**Activity**
Go through the data and report how many lines include the word "array", giving only the number.

**Supplied material**

────────────────────

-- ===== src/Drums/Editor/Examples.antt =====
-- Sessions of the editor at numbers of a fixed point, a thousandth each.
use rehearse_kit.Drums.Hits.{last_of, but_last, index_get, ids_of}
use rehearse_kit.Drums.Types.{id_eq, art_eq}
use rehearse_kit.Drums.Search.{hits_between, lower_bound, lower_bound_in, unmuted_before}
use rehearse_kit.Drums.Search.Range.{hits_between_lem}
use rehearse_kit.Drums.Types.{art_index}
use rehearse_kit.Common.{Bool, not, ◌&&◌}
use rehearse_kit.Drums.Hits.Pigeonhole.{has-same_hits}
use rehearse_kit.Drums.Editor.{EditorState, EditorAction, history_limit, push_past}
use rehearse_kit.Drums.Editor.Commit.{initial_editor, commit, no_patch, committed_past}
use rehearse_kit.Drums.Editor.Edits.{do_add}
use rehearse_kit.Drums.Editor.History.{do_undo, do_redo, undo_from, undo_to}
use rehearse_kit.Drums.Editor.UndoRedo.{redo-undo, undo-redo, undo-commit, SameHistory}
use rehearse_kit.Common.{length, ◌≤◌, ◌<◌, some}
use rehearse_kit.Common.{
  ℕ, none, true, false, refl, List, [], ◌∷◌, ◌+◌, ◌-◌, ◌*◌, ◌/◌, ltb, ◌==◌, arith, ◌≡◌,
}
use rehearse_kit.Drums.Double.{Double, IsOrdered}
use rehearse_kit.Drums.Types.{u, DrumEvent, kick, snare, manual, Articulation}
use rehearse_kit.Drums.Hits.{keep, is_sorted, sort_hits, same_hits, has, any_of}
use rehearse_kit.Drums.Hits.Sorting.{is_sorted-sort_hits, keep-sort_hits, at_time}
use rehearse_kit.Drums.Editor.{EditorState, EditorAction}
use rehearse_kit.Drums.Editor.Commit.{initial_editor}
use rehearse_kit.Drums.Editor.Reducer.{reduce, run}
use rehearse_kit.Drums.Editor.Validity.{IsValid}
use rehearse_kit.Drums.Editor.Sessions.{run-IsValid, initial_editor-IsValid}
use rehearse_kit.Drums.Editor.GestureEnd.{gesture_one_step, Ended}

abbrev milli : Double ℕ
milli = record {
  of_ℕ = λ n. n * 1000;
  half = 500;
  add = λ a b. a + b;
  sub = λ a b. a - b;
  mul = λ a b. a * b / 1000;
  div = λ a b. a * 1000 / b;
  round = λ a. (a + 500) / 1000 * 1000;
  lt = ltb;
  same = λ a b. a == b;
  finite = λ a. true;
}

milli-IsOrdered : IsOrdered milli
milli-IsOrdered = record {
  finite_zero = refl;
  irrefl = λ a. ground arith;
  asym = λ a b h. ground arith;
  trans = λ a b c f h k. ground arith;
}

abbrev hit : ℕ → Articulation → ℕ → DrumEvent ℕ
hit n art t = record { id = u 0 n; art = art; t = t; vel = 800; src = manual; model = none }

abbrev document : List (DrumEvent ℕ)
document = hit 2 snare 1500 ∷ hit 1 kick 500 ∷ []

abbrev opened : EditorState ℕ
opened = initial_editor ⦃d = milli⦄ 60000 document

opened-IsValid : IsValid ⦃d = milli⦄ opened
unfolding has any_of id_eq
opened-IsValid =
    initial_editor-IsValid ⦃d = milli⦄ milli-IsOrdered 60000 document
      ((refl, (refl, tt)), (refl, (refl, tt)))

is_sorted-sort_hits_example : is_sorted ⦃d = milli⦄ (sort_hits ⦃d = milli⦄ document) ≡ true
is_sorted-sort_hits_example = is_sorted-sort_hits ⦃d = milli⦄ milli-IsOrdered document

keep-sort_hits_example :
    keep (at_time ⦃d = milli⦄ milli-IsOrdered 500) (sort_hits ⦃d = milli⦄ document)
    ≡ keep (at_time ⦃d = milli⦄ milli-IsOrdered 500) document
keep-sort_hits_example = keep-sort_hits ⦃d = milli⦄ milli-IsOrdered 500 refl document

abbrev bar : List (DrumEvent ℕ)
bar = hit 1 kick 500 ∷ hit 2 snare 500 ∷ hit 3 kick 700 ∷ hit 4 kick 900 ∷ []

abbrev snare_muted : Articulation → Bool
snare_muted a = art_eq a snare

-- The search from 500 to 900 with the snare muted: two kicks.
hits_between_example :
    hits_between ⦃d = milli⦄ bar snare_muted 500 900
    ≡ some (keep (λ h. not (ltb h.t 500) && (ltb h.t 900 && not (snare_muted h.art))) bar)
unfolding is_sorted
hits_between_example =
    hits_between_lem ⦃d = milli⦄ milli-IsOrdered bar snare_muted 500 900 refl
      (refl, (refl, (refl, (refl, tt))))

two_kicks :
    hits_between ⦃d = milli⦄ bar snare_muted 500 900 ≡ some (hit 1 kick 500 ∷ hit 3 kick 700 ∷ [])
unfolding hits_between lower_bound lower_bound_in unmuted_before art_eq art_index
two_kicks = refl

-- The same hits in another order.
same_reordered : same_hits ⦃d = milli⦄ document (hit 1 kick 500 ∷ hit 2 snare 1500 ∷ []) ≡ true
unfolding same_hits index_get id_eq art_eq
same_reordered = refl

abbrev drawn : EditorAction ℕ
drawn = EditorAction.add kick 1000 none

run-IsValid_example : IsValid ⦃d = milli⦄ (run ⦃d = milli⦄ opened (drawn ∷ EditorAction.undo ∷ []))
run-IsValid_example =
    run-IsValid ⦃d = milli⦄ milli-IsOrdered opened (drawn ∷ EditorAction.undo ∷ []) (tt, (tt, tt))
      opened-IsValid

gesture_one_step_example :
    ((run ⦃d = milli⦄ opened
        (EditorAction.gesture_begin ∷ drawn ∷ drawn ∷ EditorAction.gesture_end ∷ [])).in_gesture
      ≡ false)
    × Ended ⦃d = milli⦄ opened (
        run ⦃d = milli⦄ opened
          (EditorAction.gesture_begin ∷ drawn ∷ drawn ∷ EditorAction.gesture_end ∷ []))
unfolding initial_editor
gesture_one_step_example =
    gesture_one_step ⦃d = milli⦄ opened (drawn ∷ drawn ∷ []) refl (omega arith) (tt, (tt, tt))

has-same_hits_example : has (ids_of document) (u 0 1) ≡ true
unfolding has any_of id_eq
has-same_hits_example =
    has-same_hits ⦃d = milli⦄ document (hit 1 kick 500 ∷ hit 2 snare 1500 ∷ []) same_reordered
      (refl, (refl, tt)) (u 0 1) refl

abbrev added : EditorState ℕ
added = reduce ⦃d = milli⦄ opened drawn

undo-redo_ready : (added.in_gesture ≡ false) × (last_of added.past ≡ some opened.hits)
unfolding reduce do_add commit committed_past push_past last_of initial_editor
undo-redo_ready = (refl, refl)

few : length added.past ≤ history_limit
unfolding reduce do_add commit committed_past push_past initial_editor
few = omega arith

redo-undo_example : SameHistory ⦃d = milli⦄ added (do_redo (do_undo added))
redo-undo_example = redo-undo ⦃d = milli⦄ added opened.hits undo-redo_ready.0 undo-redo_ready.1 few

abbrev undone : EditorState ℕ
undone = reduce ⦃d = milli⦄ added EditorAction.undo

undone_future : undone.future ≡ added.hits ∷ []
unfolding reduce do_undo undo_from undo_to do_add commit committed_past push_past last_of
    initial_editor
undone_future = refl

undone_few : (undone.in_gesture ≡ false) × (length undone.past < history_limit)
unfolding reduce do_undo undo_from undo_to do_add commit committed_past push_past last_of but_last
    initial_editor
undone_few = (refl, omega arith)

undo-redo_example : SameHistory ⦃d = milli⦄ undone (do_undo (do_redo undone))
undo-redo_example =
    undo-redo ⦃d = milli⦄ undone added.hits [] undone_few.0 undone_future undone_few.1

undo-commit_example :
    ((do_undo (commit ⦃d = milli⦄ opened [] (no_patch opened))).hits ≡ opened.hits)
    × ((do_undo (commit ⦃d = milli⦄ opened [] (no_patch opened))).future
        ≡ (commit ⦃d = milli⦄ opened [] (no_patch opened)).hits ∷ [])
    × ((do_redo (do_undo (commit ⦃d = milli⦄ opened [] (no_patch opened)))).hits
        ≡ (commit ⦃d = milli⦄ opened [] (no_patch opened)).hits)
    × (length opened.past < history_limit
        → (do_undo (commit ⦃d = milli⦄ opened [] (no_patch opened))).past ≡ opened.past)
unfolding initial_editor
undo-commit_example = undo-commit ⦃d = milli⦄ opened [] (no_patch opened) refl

────────────────────

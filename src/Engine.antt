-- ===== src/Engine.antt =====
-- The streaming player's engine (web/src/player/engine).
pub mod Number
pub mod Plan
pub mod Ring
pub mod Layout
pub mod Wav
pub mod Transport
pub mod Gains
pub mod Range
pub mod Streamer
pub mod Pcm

────────────────────

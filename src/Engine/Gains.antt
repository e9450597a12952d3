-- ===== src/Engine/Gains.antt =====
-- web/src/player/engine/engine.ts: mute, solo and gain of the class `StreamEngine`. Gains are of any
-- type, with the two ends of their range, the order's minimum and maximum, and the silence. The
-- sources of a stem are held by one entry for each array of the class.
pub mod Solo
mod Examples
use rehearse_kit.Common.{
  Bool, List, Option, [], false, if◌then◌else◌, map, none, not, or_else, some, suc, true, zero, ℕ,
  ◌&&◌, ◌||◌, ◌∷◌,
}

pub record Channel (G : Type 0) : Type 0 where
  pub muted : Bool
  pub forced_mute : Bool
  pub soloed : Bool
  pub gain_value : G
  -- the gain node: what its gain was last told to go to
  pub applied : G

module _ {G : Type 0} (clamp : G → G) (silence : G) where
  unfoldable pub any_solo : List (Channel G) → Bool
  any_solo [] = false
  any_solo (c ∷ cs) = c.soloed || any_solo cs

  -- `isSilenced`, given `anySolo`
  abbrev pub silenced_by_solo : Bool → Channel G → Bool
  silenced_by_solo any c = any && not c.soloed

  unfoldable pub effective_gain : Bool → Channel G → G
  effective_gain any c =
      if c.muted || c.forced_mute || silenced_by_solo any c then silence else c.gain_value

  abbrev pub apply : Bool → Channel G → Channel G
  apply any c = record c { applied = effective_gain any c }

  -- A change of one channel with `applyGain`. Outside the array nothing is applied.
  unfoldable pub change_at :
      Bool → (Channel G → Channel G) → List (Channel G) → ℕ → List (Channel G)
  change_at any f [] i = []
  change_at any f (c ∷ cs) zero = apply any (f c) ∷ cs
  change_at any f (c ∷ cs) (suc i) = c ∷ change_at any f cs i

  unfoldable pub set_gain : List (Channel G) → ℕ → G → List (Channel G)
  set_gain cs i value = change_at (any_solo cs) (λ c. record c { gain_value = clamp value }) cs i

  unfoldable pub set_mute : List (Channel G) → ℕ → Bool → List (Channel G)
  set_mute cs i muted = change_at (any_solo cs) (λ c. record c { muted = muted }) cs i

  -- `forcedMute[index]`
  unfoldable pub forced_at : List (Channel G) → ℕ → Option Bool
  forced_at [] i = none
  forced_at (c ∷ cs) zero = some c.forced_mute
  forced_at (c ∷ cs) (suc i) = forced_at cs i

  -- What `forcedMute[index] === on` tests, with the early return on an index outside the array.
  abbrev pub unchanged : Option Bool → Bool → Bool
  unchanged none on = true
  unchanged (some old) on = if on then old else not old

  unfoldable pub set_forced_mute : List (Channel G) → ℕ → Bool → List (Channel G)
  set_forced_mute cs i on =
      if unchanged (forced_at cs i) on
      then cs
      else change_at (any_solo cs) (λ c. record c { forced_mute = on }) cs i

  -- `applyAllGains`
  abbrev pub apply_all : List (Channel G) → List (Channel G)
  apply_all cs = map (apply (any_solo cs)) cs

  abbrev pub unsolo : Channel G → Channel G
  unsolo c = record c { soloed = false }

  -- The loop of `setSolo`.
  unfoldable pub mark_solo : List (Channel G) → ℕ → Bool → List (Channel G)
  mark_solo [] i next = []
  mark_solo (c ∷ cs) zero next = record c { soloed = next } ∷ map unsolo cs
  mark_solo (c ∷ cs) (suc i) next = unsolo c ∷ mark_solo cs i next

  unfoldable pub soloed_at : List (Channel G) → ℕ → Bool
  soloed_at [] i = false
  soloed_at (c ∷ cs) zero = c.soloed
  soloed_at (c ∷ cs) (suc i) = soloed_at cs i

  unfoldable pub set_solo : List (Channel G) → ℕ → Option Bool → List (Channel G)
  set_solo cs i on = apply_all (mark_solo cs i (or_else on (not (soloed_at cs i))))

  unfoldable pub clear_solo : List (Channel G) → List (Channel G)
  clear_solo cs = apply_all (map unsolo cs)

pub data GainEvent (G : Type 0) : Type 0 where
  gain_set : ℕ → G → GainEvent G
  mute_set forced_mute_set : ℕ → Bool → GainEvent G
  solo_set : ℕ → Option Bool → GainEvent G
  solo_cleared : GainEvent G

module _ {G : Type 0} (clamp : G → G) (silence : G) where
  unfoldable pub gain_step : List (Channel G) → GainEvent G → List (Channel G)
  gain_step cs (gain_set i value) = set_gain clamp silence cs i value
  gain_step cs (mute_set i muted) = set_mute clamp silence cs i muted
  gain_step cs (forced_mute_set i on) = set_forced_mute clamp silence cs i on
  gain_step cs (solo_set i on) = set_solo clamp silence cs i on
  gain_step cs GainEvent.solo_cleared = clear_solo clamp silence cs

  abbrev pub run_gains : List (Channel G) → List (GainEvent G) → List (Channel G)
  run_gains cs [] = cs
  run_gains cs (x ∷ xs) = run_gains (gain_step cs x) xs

────────────────────

**Response below**
3